Stored data
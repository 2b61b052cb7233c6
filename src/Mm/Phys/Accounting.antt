-- ===== src/Mm/Phys/Accounting.antt =====
-- The statistics of the page allocator of core/mm/phys.c, as a count over `mem_map`.
use haoud_os.Base.{
  ℕ, zero, suc, ◌+◌, ◌^◌, ◌≤◌, ◌<◌, ◌≡◌, ◌≢◌, none, some, List, [], ◌∷◌, length, get_or, set,
  replicate, ◌==◌, if◌then◌else◌, arith, refl,
}
use haoud_os.Mm.Phys.{PhysMem, mem_map_size, find_free}

-- How many pages have a count of zero.
abbrev pub free_flag : ℕ → ℕ
free_flag c = if c == 0 then 1 else 0

unfoldable pub free_count : List ℕ → ℕ
free_count [] = 0
free_count (c ∷ cs) = free_flag c + free_count cs

pub free_count-le : (cs : List ℕ) → free_count cs ≤ length cs
unfolding free_count
free_count-le [] = omega arith
free_count-le (c ∷ cs) = ground (arith, free_count-le cs)

pub free_count-set :
    (cs : List ℕ) (i v : ℕ)
    → i < length cs
    → free_count (set cs i v) + free_flag (get_or cs i 0) ≡ free_count cs + free_flag v
unfolding free_count
free_count-set [] i v h = elim h [ ]
free_count-set (c ∷ cs) zero v h = ground arith
free_count-set (c ∷ cs) (suc i) v h = omega (arith, free_count-set cs i v (omega arith))

pub free_count-replicate : (n : ℕ) → free_count (replicate n 0) ≡ n
unfolding free_count
free_count-replicate zero = refl
free_count-replicate (suc n) = omega (arith, free_count-replicate n)

-- The counters are those of the array, and the array is one of a 32-bit machine.
pub record IsConsistent (m : PhysMem) : Type 0 where
  pub nonempty : 0 < mem_map_size m
  pub small : mem_map_size m ≤ 2 ^ 20
  pub free : m.free_page_nr ≡ free_count m.mem_map
  pub used : m.used_page_nr + m.free_page_nr ≡ mem_map_size m

-- What the scan returns is a free entry of the part it looks at.
pub find_free-some :
    (n i : ℕ) (cs : List ℕ) (j : ℕ)
    → find_free n i cs ≡ some j
    → (k : ℕ) × (j ≡ i + k) × (k < n) × (k < length cs) × (get_or cs k 0 ≡ 0)
unfolding find_free
find_free-some zero i cs j e = absurd (ground arith)
find_free-some (suc n) i [] j e = absurd (ground arith)
find_free-some (suc n) i (zero ∷ cs) j e = (0, ground arith, omega arith, omega arith, refl)
find_free-some (suc n) i (suc c ∷ cs) j e =
    let (k, ej, hn, hl, h0) = find_free-some n (i + 1) cs j (ground arith) in
    (suc k, omega arith, omega arith, omega arith, h0)

-- And it finds nothing only where nothing is free.
pub find_free-none :
    (n i : ℕ) (cs : List ℕ)
    → find_free n i cs ≡ none
    → (k : ℕ) → k < n
    → k < length cs
    → get_or cs k 0 ≢ 0
unfolding find_free
find_free-none zero i cs e k hn hl = absurd (omega arith)
find_free-none (suc n) i [] e k hn hl = absurd (omega arith)
find_free-none (suc n) i (zero ∷ cs) e k hn hl = absurd (ground arith)
find_free-none (suc n) i (suc c ∷ cs) e zero hn hl = omega arith
find_free-none (suc n) i (suc c ∷ cs) e (suc k) hn hl =
    find_free-none n (i + 1) cs (ground arith) k (omega arith) (omega arith)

**WHAT IS BEING ASKED**
Transcribe the data in full, keeping every character.

**ANSWER SECTION**
repository 2b61b052cb7233c6
filename src/Mm/Phys/Accounting.antt
-- ===== src/Mm/Phys/Accounting.antt =====
-- The statistics of the page allocator of core/mm/phys.c, as a count over `mem_map`.
use haoud_os.Base.{
  ℕ, zero, suc, ◌+◌, ◌^◌, ◌≤◌, ◌<◌, ◌≡◌, ◌≢◌, none, some, List, [], ◌∷◌, length, get_or, set,
  replicate, ◌==◌, if◌then◌else◌, arith, refl,
}
use haoud_os.Mm.Phys.{PhysMem, mem_map_size, find_free}

-- How many pages have a count of zero.
abbrev pub free_flag : ℕ → ℕ
free_flag c = if c == 0 then 1 else 0

unfoldable pub free_count : List ℕ → ℕ
free_count [] = 0
free_count (c ∷ cs) = free_flag c + free_count cs

pub free_count-le : (cs : List ℕ) → free_count cs ≤ length cs
unfolding free_count
free_count-le [] = omega arith
free_count-le (c ∷ cs) = ground (arith, free_count-le cs)

pub free_count-set :
    (cs : List ℕ) (i v : ℕ)
    → i < length cs
    → free_count (set cs i v) + free_flag (get_or cs i 0) ≡ free_count cs + free_flag v
unfolding free_count
free_count-set [] i v h = elim h [ ]
free_count-set (c ∷ cs) zero v h = ground arith
free_count-set (c ∷ cs) (suc i) v h = omega (arith, free_count-set cs i v (omega arith))

pub free_count-replicate : (n : ℕ) → free_count (replicate n 0) ≡ n
unfolding free_count
free_count-replicate zero = refl
free_count-replicate (suc n) = omega (arith, free_count-replicate n)

-- The counters are those of the array, and the array is one of a 32-bit machine.
pub record IsConsistent (m : PhysMem) : Type 0 where
  pub nonempty : 0 < mem_map_size m
  pub small : mem_map_size m ≤ 2 ^ 20
  pub free : m.free_page_nr ≡ free_count m.mem_map
  pub used : m.used_page_nr + m.free_page_nr ≡ mem_map_size m

-- What the scan returns is a free entry of the part it looks at.
pub find_free-some :
    (n i : ℕ) (cs : List ℕ) (j : ℕ)
    → find_free n i cs ≡ some j
    → (k : ℕ) × (j ≡ i + k) × (k < n) × (k < length cs) × (get_or cs k 0 ≡ 0)
unfolding find_free
find_free-some zero i cs j e = absurd (ground arith)
find_free-some (suc n) i [] j e = absurd (ground arith)
find_free-some (suc n) i (zero ∷ cs) j e = (0, ground arith, omega arith, omega arith, refl)
find_free-some (suc n) i (suc c ∷ cs) j e =
    let (k, ej, hn, hl, h0) = find_free-some n (i + 1) cs j (ground arith) in
    (suc k, omega arith, omega arith, omega arith, h0)

-- And it finds nothing only where nothing is free.
pub find_free-none :
    (n i : ℕ) (cs : List ℕ)
    → find_free n i cs ≡ none
    → (k : ℕ) → k < n
    → k < length cs
    → get_or cs k 0 ≢ 0
unfolding find_free
find_free-none zero i cs e k hn hl = absurd (omega arith)
find_free-none (suc n) i [] e k hn hl = absurd (omega arith)
find_free-none (suc n) i (zero ∷ cs) e k hn hl = absurd (ground arith)
find_free-none (suc n) i (suc c ∷ cs) e zero hn hl = omega arith
find_free-none (suc n) i (suc c ∷ cs) e (suc k) hn hl =
    find_free-none n (i + 1) cs (ground arith) k (omega arith) (omega arith)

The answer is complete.